The set of properties (PROPERTIES_SET) narrows the field to those entities where the properties specified in the set have changed. If no property was indicated, any changes are considered.

For more information about the configuration file (CONFIG_PATH), see [Configuration file](#configuration-file). 

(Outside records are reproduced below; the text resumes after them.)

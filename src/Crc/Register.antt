-- ===== src/Crc/Register.antt =====
-- The loop of `arc_crc16` as rounds on the message's bits, most significant bit first: `register`
-- uses the code's own round, one bit at a time.
use arc_protocol.Prelude.{
  ℕ, zero, suc, ◌+◌, ◌*◌, ◌/◌, ◌%◌, ◌^◌, ◌≤◌, ◌<◌, ◌≡◌, refl, arith, bit_xor,
}
use arc_protocol.Prelude.{List, [], ◌∷◌, ◌++◌, length, ap, sym, ◌∙◌}
use native.Mathlib.Nat.{pow-suc, one-le-pow}
use arc_protocol.Prelude.Bits.{
  bit_xor_zero, bit_xor_comm, bit_xor_assoc, bit_xor_fields, bit_xor-lt,
}
use arc_protocol.Memory.{Bytes, IsBytes, u16}
use arc_protocol.Crc.{crc_bit, crc_bits, crc_byte, crc_loop}
use arc_protocol.Crc.Step.{crc_bit-lt, crc_bits-lt, crc_bit-xor}

abbrev pub IsBits : List ℕ → Type 0
IsBits [] = Unit
IsBits (b ∷ bs) = (b < 2) × IsBits bs

-- The register after the bits: each is joined to the top bit before the round.
unfoldable pub register : ℕ → List ℕ → ℕ
register c [] = c
register c (b ∷ bs) = register (crc_bit (bit_xor c (b * 2 ^ 15))) bs

-- The bits of a byte, and of a message.
abbrev pub byte_bits : ℕ → List ℕ
byte_bits d =
    (d / 128)
    ∷ (d / 64 % 2)
    ∷ (d / 32 % 2)
    ∷ (d / 16 % 2)
    ∷ (d / 8 % 2)
    ∷ (d / 4 % 2)
    ∷ (d / 2 % 2)
    ∷ (d % 2)
    ∷ []

unfoldable pub message_bits : Bytes → List ℕ
message_bits [] = []
message_bits (d ∷ ds) = byte_bits d ++ message_bits ds

-- The bits as the top of a word of `width` bits.
unfoldable pub aligned : ℕ → List ℕ → ℕ
aligned width [] = 0
aligned zero (b ∷ bs) = 0
aligned (suc width) (b ∷ bs) = b * 2 ^ width + aligned width bs

bit-mul-le : (b t : ℕ) → b < 2 → b * t ≤ t
bit-mul-le b t h = grind arith

pub aligned-lt : (width : ℕ) (bs : List ℕ) → IsBits bs → aligned width bs < 2 ^ width
unfolding aligned
aligned-lt width [] h = one-le-pow width 2 (omega arith)
aligned-lt zero (b ∷ bs) h = omega arith
aligned-lt (suc width) (b ∷ bs) h =
    omega (arith, pow-suc 2 width, bit-mul-le b (2 ^ width) h.0, aligned-lt width bs h.1)

aligned-suc :
    (width : ℕ) (bs : List ℕ) → length bs ≤ width → aligned (suc width) bs ≡ aligned width bs * 2
unfolding aligned
aligned-suc width [] h = refl
aligned-suc zero (b ∷ bs) h = absurd (omega arith)
aligned-suc (suc width) (b ∷ bs) h =
    omega (arith, ap (λ (t : ℕ). b * t) (pow-suc 2 width), aligned-suc width bs (omega arith))

zero-bit_xor : (a : ℕ) → bit_xor 0 a ≡ a
zero-bit_xor a = bit_xor_comm 0 a ∙ bit_xor_zero a

pub top-bit_xor : (b a : ℕ) → a < 2 ^ 15 → bit_xor (b * 2 ^ 15) a ≡ b * 2 ^ 15 + a
top-bit_xor b a h =
    ground (arith, bit_xor_fields 15 b 0 0 a (omega arith) h, bit_xor_zero b, zero-bit_xor a)

-- Up to 16 bits are the same as so many rounds on the word that begins with them.
pub register-eq-crc_bits :
    (bs : List ℕ) (c : ℕ)
    → c < 2 ^ 16
    → IsBits bs
    → length bs ≤ 16
    → register c bs ≡ crc_bits (length bs) (bit_xor c (aligned 16 bs))
unfolding register crc_bits aligned
register-eq-crc_bits [] c p h l = sym (bit_xor_zero c)
register-eq-crc_bits (b ∷ bs) c p h l =
    register-eq-crc_bits bs (crc_bit (bit_xor c (b * 2 ^ 15))) (crc_bit-lt _) h.1 (omega arith)
    ∙ ap (crc_bits (length bs)) one_round
  where
    joined : bit_xor c (b * 2 ^ 15) < 2 ^ 16
    joined = bit_xor-lt 16 c (b * 2 ^ 15) p (omega arith)

    one_round :
        bit_xor (crc_bit (bit_xor c (b * 2 ^ 15))) (aligned 16 bs)
        ≡ crc_bit (bit_xor c (aligned 16 (b ∷ bs)))
    one_round =
        rw
          (
            aligned-suc 15 bs (omega arith),
            ← crc_bit-xor (bit_xor c (b * 2 ^ 15)) (aligned 15 bs) joined (aligned-lt 15 bs h.1),
            bit_xor_assoc c (b * 2 ^ 15) (aligned 15 bs),
          )
          (ap (λ (t : ℕ). crc_bit (bit_xor c t))
            (top-bit_xor b (aligned 15 bs) (aligned-lt 15 bs h.1)))

pub byte_bits-IsBits : (d : ℕ) → d < 256 → IsBits (byte_bits d)
byte_bits-IsBits d h = omega arith

aligned-byte_bits : (d : ℕ) → d < 256 → aligned 16 (byte_bits d) ≡ d * 2 ^ 8
unfolding aligned
aligned-byte_bits d h = omega arith

-- One byte of the outer loop is eight bits of the register.
pub crc_byte-eq-register :
    (c d : ℕ) → c < 2 ^ 16 → d < 256 → crc_byte c d ≡ register c (byte_bits d)
unfolding crc_byte
crc_byte-eq-register c d p h =
    ap (crc_bits 8) (omega (arith, bit_xor-lt 16 c (d * 2 ^ 8) p (omega arith)))
    ∙ ap (λ (t : ℕ). crc_bits 8 (bit_xor c t)) (sym (aligned-byte_bits d h))
    ∙ sym (register-eq-crc_bits (byte_bits d) c p (byte_bits-IsBits d h) (omega arith))

pub register-append : (c : ℕ) (xs ys : List ℕ) → register c (xs ++ ys) ≡ register (register c xs) ys
unfolding register
register-append c [] ys = refl
register-append c (x ∷ xs) ys = register-append (crc_bit (bit_xor c (x * 2 ^ 15))) xs ys

pub register-lt : (bs : List ℕ) (c : ℕ) → c < 2 ^ 16 → register c bs < 2 ^ 16
unfolding register
register-lt [] c p = p
register-lt (b ∷ bs) c p = register-lt bs (crc_bit (bit_xor c (b * 2 ^ 15))) (crc_bit-lt _)

pub crc_byte-lt : (c d : ℕ) → crc_byte c d < 2 ^ 16
unfolding crc_byte
crc_byte-lt c d = crc_bits-lt 8 (u16 (bit_xor c (d * 2 ^ 8))) (omega arith)

pub crc_loop-lt : (bytes : Bytes) (c : ℕ) → c < 2 ^ 16 → crc_loop c bytes < 2 ^ 16
unfolding crc_loop
crc_loop-lt [] c p = p
crc_loop-lt (d ∷ ds) c p = crc_loop-lt ds (crc_byte c d) (crc_byte-lt c d)

-- From a 16-bit starting value, the loop over bytes is so many rounds on the message's bits.
pub crc_loop-eq-register :
    (bytes : Bytes) (c : ℕ)
    → c < 2 ^ 16
    → IsBytes bytes
    → crc_loop c bytes ≡ register c (message_bits bytes)
unfolding crc_loop message_bits register
crc_loop-eq-register [] c p h = refl
crc_loop-eq-register (d ∷ ds) c p h =
    crc_loop-eq-register ds (crc_byte c d) (crc_byte-lt c d) h.1
    ∙ ap (λ (t : ℕ). register t (message_bits ds)) (crc_byte-eq-register c d p h.0)
    ∙ sym (register-append c (byte_bits d) (message_bits ds))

**Please note**: only SELECT queries are allowed. 

``` python
  agnostic_entity = DeltaQuery(query=QUERY_STRING, changed_properties=PROPERTIES_SET, config_path=CONFIG_PATH)
  agnostic_entity.run_agnostic_query()
```

The output is a dictionary that reports the modified entities, when they were created, modified, and deleted. Changes are reported as SPARQL UPDATE queries. If the entity was not created or deleted within the indicated range, the "created" or "deleted" value is None. On the other hand, if the entity does not exist within the input interval, the "modified" value is an empty dictionary.

``` python
  {
      RES_URI_1: {
          "created": TIMESTAMP_CREATION,
          "modified": {
              TIMESTAMP_1: UPDATE_QUERY_1,
              TIMESTAMP_2: UPDATE_QUERY_2,
              TIMESTAMP_N: UPDATE_QUERY_N
          },
          "deleted": TIMESTAMP_DELETION
      },
      RES_URI_2: {
          "created": TIMESTAMP_CREATION,
          "modified": {
              TIMESTAMP_1: UPDATE_QUERY_1,
              TIMESTAMP_2: UPDATE_QUERY_2,
              TIMESTAMP_N: UPDATE_QUERY_N
          },
          "deleted": TIMESTAMP_DELETION
      },
      RES_URI_N: {
          "created": TIMESTAMP_CREATION,
          "modified": {
              TIMESTAMP_1: UPDATE_QUERY_1,
              TIMESTAMP_2: UPDATE_QUERY_2,
              TIMESTAMP_N: UPDATE_QUERY_N
          },
          "deleted": TIMESTAMP_DELETION
      },		
  }    
```

### Configuration file

The configuration file is mainly used to indicate to the library where to search for data and provenance. In addition, some optional values can be set to make executions faster and more efficient.

- **dataset** (required)
  - **triplestore_urls**: Specify a list of triplestore URLs containing data.  
  - **file_paths**: Specify a list of paths of files containing data.   
- **provenance** (required)
  - **triplestore_urls**: Specify a list of triplestore URLs containing provenance metadata.    
  - **file_paths** Specify a list of paths of files containing provenance metadata.      
- **blazegraph_full_text_search** (optional): Specify an affirmative Boolean value if Blazegraph was used as a triplestore, and a textual index was built to speed up queries. For more information, see [https://github.com/blazegraph/database/wiki/Rebuild_Text_Index_Procedure](https://github.com/blazegraph/database/wiki/Rebuild_Text_Index_Procedure). The allowed values are "true", "1", 1, "t", "y", "yes", "ok", or "false", "0", 0, "n", "f", "no".
- **cache_triplestore_url** (optional): Specifies the triplestore URL to use as a cache to make queries faster.

``` json
  {
      "dataset": {
          "triplestore_urls": ["TRIPLESTORE_URL_1", "TRIPLESTORE_URL_2", "TRIPLESTORE_URL_N"],
          "file_paths": ["PATH_1", "PATH_2", "PATH_N"]
      },
      "provenance": {
          "triplestore_urls": ["TRIPLESTORE_URL_1", "TRIPLESTORE_URL_2", "TRIPLESTORE_URL_N"],
          "file_paths": ["PATH_1", "PATH_2", "PATH_N"]
      },
      "blazegraph_full_text_search": "yes",
      "cache_triplestore_url": "TRIPLESTORE_URL"
  }
```

## Developer's guide

### How to run the tests

 1. Make sure that Java is installed on your computer.
 2. Simply launch the following command from the root folder:

``` bash
  python tests/run_all_tests.py
```


### How to build the documentation

  1. Move inside the `docs` folder:
``` bash
  cd docs
```
  2. Use the Makefile provided to build the docs:
      + _on Windows_
        ```
          ./make.bat html
        ```
      + _on Linux and MacOs_
        ```
          make html
        ```
  3. Open the `_build/html/index.html` file with a web browser of your choice!